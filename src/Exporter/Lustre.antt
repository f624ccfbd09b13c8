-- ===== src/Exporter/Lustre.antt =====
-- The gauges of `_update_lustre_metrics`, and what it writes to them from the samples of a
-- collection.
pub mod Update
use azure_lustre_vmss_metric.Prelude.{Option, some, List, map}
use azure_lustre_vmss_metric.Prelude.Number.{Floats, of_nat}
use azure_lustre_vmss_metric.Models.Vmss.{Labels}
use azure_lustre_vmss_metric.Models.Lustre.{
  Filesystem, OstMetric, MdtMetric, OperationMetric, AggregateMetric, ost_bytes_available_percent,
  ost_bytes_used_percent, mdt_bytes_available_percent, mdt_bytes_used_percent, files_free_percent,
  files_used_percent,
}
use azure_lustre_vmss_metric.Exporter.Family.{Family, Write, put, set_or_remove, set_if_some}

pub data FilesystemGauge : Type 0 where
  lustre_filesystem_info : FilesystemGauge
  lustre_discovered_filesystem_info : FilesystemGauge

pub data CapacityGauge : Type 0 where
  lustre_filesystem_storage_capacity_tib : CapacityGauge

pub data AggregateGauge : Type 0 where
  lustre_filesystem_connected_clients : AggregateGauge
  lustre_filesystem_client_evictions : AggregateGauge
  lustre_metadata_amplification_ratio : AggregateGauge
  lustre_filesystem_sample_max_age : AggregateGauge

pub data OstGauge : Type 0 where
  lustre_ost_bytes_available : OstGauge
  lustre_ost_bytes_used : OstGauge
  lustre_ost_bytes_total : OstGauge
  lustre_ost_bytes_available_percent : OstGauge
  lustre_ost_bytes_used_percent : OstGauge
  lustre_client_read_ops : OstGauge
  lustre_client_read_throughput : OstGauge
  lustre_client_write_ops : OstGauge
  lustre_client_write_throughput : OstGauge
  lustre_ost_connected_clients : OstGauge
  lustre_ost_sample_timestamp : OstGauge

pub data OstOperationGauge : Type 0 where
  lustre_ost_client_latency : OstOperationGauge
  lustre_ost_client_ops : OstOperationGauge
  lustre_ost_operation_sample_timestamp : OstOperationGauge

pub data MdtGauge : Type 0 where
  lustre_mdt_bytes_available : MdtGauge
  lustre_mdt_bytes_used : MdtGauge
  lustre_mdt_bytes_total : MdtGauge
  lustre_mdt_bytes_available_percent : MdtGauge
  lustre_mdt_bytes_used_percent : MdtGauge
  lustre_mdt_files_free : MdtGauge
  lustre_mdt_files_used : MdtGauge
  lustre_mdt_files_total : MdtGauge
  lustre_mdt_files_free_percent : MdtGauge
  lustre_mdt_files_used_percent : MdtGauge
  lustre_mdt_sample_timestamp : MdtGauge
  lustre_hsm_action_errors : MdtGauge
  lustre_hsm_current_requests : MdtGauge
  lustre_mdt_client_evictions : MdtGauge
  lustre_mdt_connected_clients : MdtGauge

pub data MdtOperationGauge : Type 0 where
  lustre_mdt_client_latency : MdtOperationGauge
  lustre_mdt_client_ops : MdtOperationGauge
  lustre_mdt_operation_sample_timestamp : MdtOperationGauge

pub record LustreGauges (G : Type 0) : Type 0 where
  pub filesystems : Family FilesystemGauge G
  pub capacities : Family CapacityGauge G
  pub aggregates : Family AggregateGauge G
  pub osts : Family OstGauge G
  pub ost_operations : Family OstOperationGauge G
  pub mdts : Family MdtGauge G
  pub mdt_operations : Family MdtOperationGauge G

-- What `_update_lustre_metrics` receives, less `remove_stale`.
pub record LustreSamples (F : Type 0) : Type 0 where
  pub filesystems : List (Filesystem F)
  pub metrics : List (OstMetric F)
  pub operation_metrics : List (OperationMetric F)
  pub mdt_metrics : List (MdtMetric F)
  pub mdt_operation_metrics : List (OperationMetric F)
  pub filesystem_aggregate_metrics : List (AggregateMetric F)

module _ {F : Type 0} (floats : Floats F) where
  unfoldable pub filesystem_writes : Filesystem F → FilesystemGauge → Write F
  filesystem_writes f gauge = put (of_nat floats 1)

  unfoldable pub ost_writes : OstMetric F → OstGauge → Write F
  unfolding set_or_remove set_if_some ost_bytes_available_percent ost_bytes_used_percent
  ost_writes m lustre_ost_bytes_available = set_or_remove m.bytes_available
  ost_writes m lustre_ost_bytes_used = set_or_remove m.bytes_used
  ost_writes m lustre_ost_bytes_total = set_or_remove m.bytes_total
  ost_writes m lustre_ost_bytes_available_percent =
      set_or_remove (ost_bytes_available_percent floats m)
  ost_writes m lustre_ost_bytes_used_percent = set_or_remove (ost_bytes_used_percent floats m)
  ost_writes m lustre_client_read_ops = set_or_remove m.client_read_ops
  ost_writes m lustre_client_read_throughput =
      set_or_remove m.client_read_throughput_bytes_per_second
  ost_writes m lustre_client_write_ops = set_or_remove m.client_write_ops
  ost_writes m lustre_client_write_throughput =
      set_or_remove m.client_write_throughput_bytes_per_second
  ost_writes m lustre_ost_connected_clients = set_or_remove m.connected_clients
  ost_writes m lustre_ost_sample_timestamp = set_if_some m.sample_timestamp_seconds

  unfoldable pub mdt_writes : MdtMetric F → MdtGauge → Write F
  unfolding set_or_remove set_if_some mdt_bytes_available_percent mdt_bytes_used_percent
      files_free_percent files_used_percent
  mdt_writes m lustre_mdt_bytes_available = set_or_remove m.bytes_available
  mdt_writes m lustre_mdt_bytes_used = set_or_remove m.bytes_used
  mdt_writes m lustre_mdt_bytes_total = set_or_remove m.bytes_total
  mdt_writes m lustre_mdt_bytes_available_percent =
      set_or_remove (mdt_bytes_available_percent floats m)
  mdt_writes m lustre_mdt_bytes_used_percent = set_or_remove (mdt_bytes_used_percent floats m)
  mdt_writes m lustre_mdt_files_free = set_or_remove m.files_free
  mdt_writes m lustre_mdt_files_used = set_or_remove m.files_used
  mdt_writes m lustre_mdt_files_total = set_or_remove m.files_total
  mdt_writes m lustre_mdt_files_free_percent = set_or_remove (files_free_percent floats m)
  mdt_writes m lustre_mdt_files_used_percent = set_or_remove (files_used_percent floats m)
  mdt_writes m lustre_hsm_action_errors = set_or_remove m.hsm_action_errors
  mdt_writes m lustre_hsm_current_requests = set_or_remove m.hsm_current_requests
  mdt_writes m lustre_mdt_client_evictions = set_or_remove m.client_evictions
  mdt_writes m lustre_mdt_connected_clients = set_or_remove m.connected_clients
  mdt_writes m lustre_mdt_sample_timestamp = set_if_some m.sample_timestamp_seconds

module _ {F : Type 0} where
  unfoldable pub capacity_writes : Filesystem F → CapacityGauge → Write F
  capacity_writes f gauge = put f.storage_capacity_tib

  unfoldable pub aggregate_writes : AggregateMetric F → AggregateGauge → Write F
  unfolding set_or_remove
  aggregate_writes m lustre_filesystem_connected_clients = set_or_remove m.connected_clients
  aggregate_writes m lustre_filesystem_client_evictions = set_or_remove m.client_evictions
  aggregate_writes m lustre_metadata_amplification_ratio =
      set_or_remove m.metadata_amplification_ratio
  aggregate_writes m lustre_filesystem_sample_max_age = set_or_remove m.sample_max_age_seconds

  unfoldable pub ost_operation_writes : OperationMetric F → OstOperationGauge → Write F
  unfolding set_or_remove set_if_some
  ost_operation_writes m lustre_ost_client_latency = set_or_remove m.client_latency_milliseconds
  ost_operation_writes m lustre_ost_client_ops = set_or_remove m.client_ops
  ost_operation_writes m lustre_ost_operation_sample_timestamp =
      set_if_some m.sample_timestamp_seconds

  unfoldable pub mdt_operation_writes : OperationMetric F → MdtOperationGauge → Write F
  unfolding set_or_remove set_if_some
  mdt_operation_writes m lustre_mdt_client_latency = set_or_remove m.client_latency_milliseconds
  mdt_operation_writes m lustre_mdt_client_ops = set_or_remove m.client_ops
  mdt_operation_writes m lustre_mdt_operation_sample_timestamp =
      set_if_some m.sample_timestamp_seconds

......

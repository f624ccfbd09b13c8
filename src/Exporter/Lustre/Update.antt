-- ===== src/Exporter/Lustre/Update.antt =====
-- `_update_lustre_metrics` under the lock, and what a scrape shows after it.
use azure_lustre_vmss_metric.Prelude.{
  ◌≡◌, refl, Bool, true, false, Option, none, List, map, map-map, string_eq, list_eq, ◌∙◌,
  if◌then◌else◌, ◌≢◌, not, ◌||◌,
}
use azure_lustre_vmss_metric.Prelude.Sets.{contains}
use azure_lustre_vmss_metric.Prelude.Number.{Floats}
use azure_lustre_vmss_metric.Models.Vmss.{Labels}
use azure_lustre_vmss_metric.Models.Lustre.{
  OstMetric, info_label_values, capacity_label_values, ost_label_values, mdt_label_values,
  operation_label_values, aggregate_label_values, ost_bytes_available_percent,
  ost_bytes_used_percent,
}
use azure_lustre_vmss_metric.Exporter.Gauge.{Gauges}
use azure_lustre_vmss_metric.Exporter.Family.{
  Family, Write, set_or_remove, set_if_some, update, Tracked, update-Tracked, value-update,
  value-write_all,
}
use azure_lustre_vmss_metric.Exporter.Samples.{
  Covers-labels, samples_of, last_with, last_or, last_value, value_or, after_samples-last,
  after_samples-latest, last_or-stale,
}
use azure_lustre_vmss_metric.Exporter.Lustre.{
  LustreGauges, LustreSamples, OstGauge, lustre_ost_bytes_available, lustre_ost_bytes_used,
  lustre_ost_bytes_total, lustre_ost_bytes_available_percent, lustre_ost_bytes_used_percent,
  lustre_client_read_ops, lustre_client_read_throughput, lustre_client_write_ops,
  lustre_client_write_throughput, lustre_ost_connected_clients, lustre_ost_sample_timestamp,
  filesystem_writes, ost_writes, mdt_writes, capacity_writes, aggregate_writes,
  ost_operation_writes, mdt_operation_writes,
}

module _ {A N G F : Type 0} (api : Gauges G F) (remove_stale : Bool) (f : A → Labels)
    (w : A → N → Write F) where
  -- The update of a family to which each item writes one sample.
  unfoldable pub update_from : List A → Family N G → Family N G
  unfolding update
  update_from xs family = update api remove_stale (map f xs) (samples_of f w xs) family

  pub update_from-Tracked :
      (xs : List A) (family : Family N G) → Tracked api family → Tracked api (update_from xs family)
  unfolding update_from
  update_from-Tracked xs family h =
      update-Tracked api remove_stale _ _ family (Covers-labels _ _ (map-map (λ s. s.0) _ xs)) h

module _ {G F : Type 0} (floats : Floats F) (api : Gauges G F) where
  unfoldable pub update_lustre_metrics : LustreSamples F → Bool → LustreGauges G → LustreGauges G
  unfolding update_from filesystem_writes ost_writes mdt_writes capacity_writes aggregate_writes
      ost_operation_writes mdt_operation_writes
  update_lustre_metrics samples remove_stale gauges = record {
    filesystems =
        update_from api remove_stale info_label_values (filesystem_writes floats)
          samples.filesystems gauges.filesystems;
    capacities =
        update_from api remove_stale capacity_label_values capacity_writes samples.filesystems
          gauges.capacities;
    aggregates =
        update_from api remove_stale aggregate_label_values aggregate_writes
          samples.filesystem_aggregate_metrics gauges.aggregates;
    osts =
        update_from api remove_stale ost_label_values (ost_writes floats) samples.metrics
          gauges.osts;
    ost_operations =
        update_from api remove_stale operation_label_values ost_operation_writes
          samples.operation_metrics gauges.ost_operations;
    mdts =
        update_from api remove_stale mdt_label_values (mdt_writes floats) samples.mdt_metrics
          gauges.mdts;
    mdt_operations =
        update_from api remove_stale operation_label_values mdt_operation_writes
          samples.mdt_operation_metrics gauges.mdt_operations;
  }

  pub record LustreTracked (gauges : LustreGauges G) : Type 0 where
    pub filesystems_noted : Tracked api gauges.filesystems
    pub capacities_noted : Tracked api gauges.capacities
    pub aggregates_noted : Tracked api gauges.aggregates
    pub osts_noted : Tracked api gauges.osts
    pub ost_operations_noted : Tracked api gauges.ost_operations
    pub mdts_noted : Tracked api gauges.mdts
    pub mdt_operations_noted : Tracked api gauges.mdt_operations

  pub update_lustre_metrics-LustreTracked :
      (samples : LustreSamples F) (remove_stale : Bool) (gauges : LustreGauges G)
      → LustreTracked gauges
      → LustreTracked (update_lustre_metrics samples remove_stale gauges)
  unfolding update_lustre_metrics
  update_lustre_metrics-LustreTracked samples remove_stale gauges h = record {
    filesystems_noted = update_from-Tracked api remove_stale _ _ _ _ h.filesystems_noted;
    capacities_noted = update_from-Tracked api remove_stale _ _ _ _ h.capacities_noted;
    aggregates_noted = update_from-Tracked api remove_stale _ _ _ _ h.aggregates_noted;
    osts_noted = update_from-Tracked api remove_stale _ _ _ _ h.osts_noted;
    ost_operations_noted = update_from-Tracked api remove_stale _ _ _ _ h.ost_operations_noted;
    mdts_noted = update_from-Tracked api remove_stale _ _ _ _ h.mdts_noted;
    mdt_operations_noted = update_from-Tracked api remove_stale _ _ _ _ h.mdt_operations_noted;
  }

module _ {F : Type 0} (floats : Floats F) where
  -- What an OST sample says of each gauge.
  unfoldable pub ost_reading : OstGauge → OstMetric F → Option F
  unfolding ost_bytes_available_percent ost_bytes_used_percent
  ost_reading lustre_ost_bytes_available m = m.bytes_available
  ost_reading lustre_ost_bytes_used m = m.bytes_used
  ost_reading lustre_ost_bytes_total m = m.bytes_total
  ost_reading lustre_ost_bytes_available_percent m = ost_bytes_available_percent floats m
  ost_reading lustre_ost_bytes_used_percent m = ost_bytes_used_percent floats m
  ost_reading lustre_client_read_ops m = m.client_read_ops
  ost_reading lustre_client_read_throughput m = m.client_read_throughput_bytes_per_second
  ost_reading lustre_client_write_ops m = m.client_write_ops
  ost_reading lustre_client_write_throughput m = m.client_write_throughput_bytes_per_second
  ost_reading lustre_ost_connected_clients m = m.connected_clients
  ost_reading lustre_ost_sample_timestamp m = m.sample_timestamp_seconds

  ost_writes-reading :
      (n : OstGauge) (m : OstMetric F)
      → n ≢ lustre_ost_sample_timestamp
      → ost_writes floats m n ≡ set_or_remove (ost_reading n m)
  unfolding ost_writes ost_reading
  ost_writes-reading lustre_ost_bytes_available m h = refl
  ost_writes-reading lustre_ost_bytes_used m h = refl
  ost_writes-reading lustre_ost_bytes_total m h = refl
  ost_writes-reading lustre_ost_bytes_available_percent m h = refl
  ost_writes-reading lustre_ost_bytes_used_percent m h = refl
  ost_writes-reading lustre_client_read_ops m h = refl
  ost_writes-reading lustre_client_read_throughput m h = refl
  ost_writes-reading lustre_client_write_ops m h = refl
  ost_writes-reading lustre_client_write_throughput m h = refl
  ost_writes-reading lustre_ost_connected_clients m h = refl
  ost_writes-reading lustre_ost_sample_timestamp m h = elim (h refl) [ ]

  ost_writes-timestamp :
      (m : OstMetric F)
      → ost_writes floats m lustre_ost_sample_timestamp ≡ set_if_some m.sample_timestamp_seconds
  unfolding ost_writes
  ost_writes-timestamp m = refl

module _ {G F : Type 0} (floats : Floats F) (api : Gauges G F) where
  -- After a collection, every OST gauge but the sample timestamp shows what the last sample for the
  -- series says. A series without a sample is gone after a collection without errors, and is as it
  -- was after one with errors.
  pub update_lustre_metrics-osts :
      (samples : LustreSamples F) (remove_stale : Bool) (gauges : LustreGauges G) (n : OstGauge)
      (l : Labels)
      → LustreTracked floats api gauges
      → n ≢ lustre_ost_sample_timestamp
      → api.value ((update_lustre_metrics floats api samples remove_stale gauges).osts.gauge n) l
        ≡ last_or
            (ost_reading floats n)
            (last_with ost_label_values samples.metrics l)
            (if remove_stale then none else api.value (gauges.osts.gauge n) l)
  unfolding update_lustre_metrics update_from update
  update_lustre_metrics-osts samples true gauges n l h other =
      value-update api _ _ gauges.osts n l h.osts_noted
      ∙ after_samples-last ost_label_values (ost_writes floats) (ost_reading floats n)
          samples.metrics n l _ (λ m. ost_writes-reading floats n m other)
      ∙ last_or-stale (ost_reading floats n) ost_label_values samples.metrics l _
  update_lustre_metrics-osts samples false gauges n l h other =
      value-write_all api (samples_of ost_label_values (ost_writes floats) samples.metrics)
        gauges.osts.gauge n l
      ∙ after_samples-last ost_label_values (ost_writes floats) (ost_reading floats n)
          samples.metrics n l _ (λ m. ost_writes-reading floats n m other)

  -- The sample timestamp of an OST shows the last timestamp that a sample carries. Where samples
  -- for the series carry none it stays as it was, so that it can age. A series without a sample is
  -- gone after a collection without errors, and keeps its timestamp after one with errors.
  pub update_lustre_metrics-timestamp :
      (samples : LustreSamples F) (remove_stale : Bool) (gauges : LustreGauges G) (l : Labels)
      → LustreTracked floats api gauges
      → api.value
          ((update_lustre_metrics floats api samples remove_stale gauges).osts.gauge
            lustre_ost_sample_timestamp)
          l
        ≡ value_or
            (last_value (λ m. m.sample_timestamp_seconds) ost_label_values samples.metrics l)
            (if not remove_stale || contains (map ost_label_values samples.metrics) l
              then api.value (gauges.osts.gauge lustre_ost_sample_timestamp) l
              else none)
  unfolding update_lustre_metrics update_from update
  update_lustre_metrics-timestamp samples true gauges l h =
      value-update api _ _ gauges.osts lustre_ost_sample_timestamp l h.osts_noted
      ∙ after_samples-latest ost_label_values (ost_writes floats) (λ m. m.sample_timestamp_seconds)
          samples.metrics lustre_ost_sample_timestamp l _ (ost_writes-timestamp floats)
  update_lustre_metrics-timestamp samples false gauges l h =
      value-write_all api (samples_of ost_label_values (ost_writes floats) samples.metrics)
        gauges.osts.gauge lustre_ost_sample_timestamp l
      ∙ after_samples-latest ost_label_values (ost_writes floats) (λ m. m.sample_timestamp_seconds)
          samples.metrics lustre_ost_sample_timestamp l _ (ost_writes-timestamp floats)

......

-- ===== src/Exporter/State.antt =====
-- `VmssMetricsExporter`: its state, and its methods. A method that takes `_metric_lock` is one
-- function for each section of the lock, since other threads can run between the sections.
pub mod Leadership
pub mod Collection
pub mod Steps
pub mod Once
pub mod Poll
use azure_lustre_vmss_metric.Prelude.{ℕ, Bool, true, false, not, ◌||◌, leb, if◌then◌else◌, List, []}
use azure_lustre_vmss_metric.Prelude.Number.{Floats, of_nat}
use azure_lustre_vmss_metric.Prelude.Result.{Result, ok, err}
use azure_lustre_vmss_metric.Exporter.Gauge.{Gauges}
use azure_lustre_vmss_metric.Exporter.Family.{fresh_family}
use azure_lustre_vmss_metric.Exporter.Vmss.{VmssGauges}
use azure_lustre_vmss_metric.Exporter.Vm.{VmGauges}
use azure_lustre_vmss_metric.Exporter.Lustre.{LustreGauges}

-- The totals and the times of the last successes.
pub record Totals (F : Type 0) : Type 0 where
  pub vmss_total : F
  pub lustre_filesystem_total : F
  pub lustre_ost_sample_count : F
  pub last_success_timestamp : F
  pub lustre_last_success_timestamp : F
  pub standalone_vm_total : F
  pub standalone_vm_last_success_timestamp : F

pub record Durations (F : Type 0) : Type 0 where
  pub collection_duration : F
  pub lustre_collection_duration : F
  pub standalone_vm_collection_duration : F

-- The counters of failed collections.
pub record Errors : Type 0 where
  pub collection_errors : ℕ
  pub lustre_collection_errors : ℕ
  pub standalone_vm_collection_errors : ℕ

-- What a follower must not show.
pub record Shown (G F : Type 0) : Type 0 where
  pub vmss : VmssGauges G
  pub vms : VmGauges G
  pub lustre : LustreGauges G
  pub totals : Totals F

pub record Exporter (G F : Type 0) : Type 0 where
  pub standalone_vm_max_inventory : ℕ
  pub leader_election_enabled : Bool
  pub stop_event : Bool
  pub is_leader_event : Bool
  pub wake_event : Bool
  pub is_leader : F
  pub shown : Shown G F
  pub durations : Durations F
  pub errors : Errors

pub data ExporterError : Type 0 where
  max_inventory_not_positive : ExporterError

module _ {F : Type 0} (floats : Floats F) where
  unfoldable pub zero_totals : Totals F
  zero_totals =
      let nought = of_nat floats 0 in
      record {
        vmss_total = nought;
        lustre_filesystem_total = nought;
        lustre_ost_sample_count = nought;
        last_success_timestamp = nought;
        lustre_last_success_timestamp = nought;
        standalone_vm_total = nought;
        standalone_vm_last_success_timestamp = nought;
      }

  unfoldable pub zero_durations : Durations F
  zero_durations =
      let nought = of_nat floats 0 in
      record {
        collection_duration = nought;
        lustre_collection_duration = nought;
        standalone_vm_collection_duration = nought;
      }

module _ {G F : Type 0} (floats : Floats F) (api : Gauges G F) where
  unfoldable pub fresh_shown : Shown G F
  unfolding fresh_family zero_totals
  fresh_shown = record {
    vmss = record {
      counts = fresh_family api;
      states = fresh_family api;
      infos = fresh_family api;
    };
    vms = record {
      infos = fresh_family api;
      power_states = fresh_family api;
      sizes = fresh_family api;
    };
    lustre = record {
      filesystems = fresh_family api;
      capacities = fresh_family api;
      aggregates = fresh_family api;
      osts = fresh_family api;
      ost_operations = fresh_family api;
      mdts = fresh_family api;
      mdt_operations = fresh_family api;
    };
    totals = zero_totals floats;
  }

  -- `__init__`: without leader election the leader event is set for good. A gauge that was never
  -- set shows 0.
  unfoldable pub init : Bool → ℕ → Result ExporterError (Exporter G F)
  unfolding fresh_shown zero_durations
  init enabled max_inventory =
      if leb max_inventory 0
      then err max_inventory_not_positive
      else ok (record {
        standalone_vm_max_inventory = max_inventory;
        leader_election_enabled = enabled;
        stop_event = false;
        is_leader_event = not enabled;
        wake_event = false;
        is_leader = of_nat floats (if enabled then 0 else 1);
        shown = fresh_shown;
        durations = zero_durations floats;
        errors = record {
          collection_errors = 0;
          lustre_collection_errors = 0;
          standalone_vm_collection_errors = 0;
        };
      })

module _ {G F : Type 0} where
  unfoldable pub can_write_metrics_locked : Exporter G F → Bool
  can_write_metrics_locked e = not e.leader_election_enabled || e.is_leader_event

......

PROMPT:
Your answer should be one number: the count of lines in the data above that include the word "contains".

FINISHED EXERCISE:
2